Работал он линейным монтером, влезал на столб, вонзаясь остриями своих стальных кошек в мягкую и серебристую древесину сосны, втягивал наверх проволоку, наматывал ее на стеклянные изоляторы, спускался, влезал на следующий столб.
За день они делали до пяти миль; ночевали в убогих деревянных городках. Устраивались по-походному: снимали башмаки и заворачивались в попону. Мартин носил рабочий комбинезон и фланелевую рубаху. У него был вид батрака. Лазая с утра до вечера по столбам, он дышал полной грудью, в глазах уже не отражалось беспокойство, а однажды он пережил чудо.
Он сидел на верхушке столба и вдруг, по неведомой причине, глаза его раскрылись, и он прозрел: как будто только что проснувшись, он увидел, что степь широка, что солнце ласково глядит на косматые пастбища и зреющую пшеницу, на старых лошадей, послушных, коренастых, добродушных лошадей, и на его краснолицых веселых товарищей; он увидел, что ликуют луговые жаворонки, и черные дрозды прихорашиваются у лужиц, и что под живительным солнцем оживает вся жизнь. Пусть Ангусы Дьюеры и Эрвинги Уотерсы – прижимистые торговцы. Что из того? «Я здесь!» – захлебывался он.
Его товарищи, монтеры, были здоровые и простые, как западный ветер; они не задавались и не важничали; хотя им приходилось иметь дело с электрическим оборудованием, они не заучивали, как медики, тьму научных терминов и не щеголяли перед фермерами своей ученостью. Они легко смеялись и радостно были самими собою, и с ними Мартин был рад забыть, какой он необыкновенный. Он полюбил их, как не любил никого в университете, кроме Макса Готлиба.

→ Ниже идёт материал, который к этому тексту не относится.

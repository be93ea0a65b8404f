-- ===== src/Lock/System.antt =====
-- The locks together with the set of the threads that sleep in longterm_lock_znode.
use mathlib.Core.Path.{subst}
use reiser.Base.{
  ℕ, ◌≤◌, ◌≡◌, refl, sym, ap, ◌∙◌, Bool, true, false, [], ◌∷◌, Bool-cases, inl, inr, ◌==◌, put,
  put_at, put_ne, count, count_if-append, arith,
}
use reiser.Lock.State.{no_lock, is_no_lock, World}
use reiser.Lock.Counting.{del_requestor-count}
use reiser.Lock.View.{Core, Thread, IsView, IsAwake, zs_of, ts_of, put_cases, put_same}
use reiser.Lock.QueueSteps.{
  dequeue_core, enqueue_core, dequeue-IsView, request-IsView, enqueue-IsView,
}

-- A sleeping thread whose request is not done is in the queue of the node it asks for; a thread that
-- does not sleep is in no queue.
pub record IsSystem (asleep : ℕ → Bool) (zs : ℕ → Core) (ts : ℕ → Thread) : Type 0 where
  pub view : IsView zs ts
  pub waits :
      (t : ℕ)
      → asleep t ≡ true
      → is_no_lock (ts t).mode ≡ false
      → 1 ≤ count t (zs (ts t).node).requestors
  pub awake : (t : ℕ) → asleep t ≡ false → IsAwake zs t

abbrev pub Sound : (ℕ → Bool) → World → Type 0
Sound asleep w = IsSystem asleep (zs_of w) (ts_of w)

pub to_sound :
    (w : World) {asleep : ℕ → Bool} {zs : ℕ → Core} {ts : ℕ → Thread}
    → zs_of w ≡ zs
    → ts_of w ≡ ts
    → IsSystem asleep zs ts
    → Sound asleep w
to_sound w {asleep} {zs} e f v =
    subst (λ a. IsSystem asleep a (ts_of w)) (sym e) (subst (IsSystem asleep zs) (sym f) v)

module _ {asleep : ℕ → Bool} {zs : ℕ → Core} {ts : ℕ → Thread} (s : IsSystem asleep zs ts) where
  -- A step that leaves the queues and the requests of the sleeping threads alone.
  pub same-IsSystem :
      {zs' : ℕ → Core} {ts' : ℕ → Thread}
      → IsView zs' ts'
      → ((k : ℕ) → (zs' k).requestors ≡ (zs k).requestors)
      → ((t : ℕ) → asleep t ≡ true → (ts' t).mode ≡ (ts t).mode)
      → ((t : ℕ) → asleep t ≡ true → (ts' t).node ≡ (ts t).node)
      → IsSystem asleep zs' ts'
  same-IsSystem {zs'} {ts'} v queues modes nodes = record {
    view = v;
    waits = λ t a m.
        subst (λ c. 1 ≤ c)
          (ap (λ n. count t (zs n).requestors) (sym (nodes t a))
            ∙ ap (count t) (sym (queues (ts' t).node)))
          (s.waits t a (ap is_no_lock (sym (modes t a)) ∙ m));
    awake = λ t a k. ap (count t) (queues k) ∙ s.awake t a k;
  }

  pub put-IsSystem :
      (n t : ℕ) (z' : Core) (th' : Thread)
      → IsView (put zs n z') (put ts t th')
      → z'.requestors ≡ (zs n).requestors
      → th'.mode ≡ (ts t).mode
      → th'.node ≡ (ts t).node
      → IsSystem asleep (put zs n z') (put ts t th')
  put-IsSystem n t z' th' v queue mode node =
      same-IsSystem v (put_same (λ z. z.requestors) zs n z' queue)
        (λ u a. put_same (λ th. th.mode) ts t th' mode u)
        (λ u a. put_same (λ th. th.node) ts t th' node u)

  -- The request of a thread leaves the queue and is done.
  pub finish-IsSystem :
      (t : ℕ)
      → let n = (ts t).node in
        1 ≤ count t (zs n).requestors
        → IsSystem asleep
            (put zs n (dequeue_core (ts t) t (zs n)))
            (put ts t (record (ts t) { mode = no_lock }))
  finish-IsSystem t h =
      let n = (ts t).node in
      let z' = dequeue_core (ts t) t (zs n) in
      let th' = record (ts t) { mode = no_lock } in
      let (v, awake) = dequeue-IsView s.view t h in
      let del = λ (u : ℕ). del_requestor-count (λ b. b == u) t (zs n).requestors h in
      record {
        view = request-IsView v t n no_lock awake;
        waits = λ u a m. elim (Bool-cases (u == t)) [
          | inl e ↦
              let same : put ts t th' u ≡ th' =
                ap (put ts t th') {x = u} {y = t} (ground arith) ∙ put_at ts t th' in
              absurd (ground (arith, ap (λ th. is_no_lock th.mode) (sym same) ∙ m))
          | inr e ↦
              let same = put_ne ts t th' u e in
              subst (λ (th : Thread). 1 ≤ count u (put zs n z' th.node).requestors) (sym same)
                (put_cases
                  (λ (k : ℕ) (z : Core).
                    (zs k).requestors ≡ (zs (ts u).node).requestors → 1 ≤ count u z.requestors)
                  zs n z'
                  (λ q.
                    let c = s.waits u a (ap (λ th. is_no_lock th.mode) (sym same) ∙ m) in
                    ground (arith, del u, ap (count u) q, c))
                  (λ k d q.
                    subst (λ us. 1 ≤ count u us) (sym q)
                      (s.waits u a (ap (λ th. is_no_lock th.mode) (sym same) ∙ m)))
                  (ts u).node refl)
        ];
        awake = λ u a.
            put_cases (λ (k : ℕ) (z : Core). count u z.requestors ≡ 0) zs n z'
              (omega (arith, del u, s.awake u a n)) (λ k e. s.awake u a k);
      }

  -- The request of a thread joins the queue, and the thread sleeps.
  pub enqueue-IsSystem :
      (t : ℕ)
      → let n = (ts t).node in
        asleep t ≡ false
        → is_no_lock (ts t).mode ≡ false
        → IsSystem (put asleep t true) (put zs n (enqueue_core (ts t) t (zs n))) ts
  enqueue-IsSystem t a m =
      let n = (ts t).node in
      let z' = enqueue_core (ts t) t (zs n) in
      let app = λ (u : ℕ). count_if-append (λ b. b == u) (zs n).requestors (t ∷ []) in
      record {
        view = enqueue-IsView s.view t (s.awake t a) m;
        waits =
            put_cases
              (λ (u : ℕ) (b : Bool).
                b ≡ true
                → is_no_lock (ts u).mode ≡ false
                → 1 ≤ count u (put zs n z' (ts u).node).requestors)
              asleep t true
              (λ b c.
                subst (λ (z : Core). 1 ≤ count t z.requestors) (sym (put_at zs n z'))
                  (ground (arith, app t)))
              (λ u e b c.
                put_cases
                  (λ (k : ℕ) (z : Core). 1 ≤ count u (zs k).requestors → 1 ≤ count u z.requestors)
                  zs n z' (λ d. omega (arith, app u)) (λ k f d. d) (ts u).node (s.waits u b c));
        awake =
            put_cases (λ (u : ℕ) (b : Bool). b ≡ false → IsAwake (put zs n z') u) asleep t true
              (λ b. absurd (ground (arith, b)))
              (λ u e b.
                let other : (t == u) ≡ false = ground arith in
                put_cases (λ (k : ℕ) (z : Core). count u z.requestors ≡ 0) zs n z'
                  (ground (arith, app u, s.awake u b n, other)) (λ k f. s.awake u b k));
      }

  -- The thread wakes up: its request is done, or leaves the queue.
  pub wake-IsSystem : (t : ℕ) → is_no_lock (ts t).mode ≡ true → IsSystem (put asleep t false) zs ts
  wake-IsSystem t m = record {
    view = s.view;
    waits =
        put_cases
          (λ (u : ℕ) (b : Bool).
            b ≡ true → is_no_lock (ts u).mode ≡ false → 1 ≤ count u (zs (ts u).node).requestors)
          asleep t false (λ b c. absurd (ground (arith, b))) (λ u e. s.waits u);
    awake =
        put_cases (λ (u : ℕ) (b : Bool). b ≡ false → IsAwake zs u) asleep t false
          (λ b k. ground (arith, s.view.queued k t)) (λ u e. s.awake u);
  }

  pub leave-IsSystem :
      (t : ℕ)
      → let n = (ts t).node in
        asleep t ≡ true
        → is_no_lock (ts t).mode ≡ false
        → IsSystem (put asleep t false) (put zs n (dequeue_core (ts t) t (zs n))) ts
  leave-IsSystem t a m =
      let n = (ts t).node in
      let z' = dequeue_core (ts t) t (zs n) in
      let h = s.waits t a m in
      let del = λ (u : ℕ). del_requestor-count (λ b. b == u) t (zs n).requestors h in
      record {
        view = (dequeue-IsView s.view t h).0;
        waits =
            put_cases
              (λ (u : ℕ) (b : Bool).
                b ≡ true
                → is_no_lock (ts u).mode ≡ false
                → 1 ≤ count u (put zs n z' (ts u).node).requestors)
              asleep t false (λ b c. absurd (ground (arith, b)))
              (λ u e b c.
                let other : (t == u) ≡ false = ground arith in
                put_cases
                  (λ (k : ℕ) (z : Core). 1 ≤ count u (zs k).requestors → 1 ≤ count u z.requestors)
                  zs n z' (λ d. ground (arith, del u, other)) (λ k f d. d) (ts u).node
                  (s.waits u b c));
        awake =
            put_cases (λ (u : ℕ) (b : Bool). b ≡ false → IsAwake (put zs n z') u) asleep t false
              (λ b. (dequeue-IsView s.view t h).1)
              (λ u e b.
                put_cases (λ (k : ℕ) (z : Core). count u z.requestors ≡ 0) zs n z'
                  (omega (arith, del u, s.awake u b n)) (λ k f. s.awake u b k));
      }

В заплечном мешке он носил с собою только одну книгу – «Иммунологию» Готлиба. Часто ему удавалось одолеть полстраницы, не увязнув в химических формулах. Иногда по воскресеньям и в дождливые дни он пробовал читать ее и грезил о лаборатории; а иногда он думал о Маделине Фокс и приходил к убеждению, что смертельно по ней стосковался. Но беззаботные трудовые недели незаметно сменяли одна другую, и когда он просыпался в конюшне, в крепком запахе духовитого сена, и лошадей, и прерии, оглашенной звоном жаворонков, подобравшейся к самому сердцу этих бревенчатых городков, он думал только о работе, которая его ждет, о милях, которые нужно отшагать на запад, туда, где заходит солнце.
Так они шли растянутой цепью по пшеничной Монтане, по целым княжествам сплошного сверкающего пшеничного поля, по широким пастбищам и по чернобы́лю пустыни, и вдруг, засмотревшись на упорно не сдвигавшееся с места облако, Мартин понял, что видит горы.
Потом он сидел в поезде; бригада была забыта; он думал только о Маделине Фокс, о Клифе Клосоне, Ангусе Дьюере и о Максе Готлибе.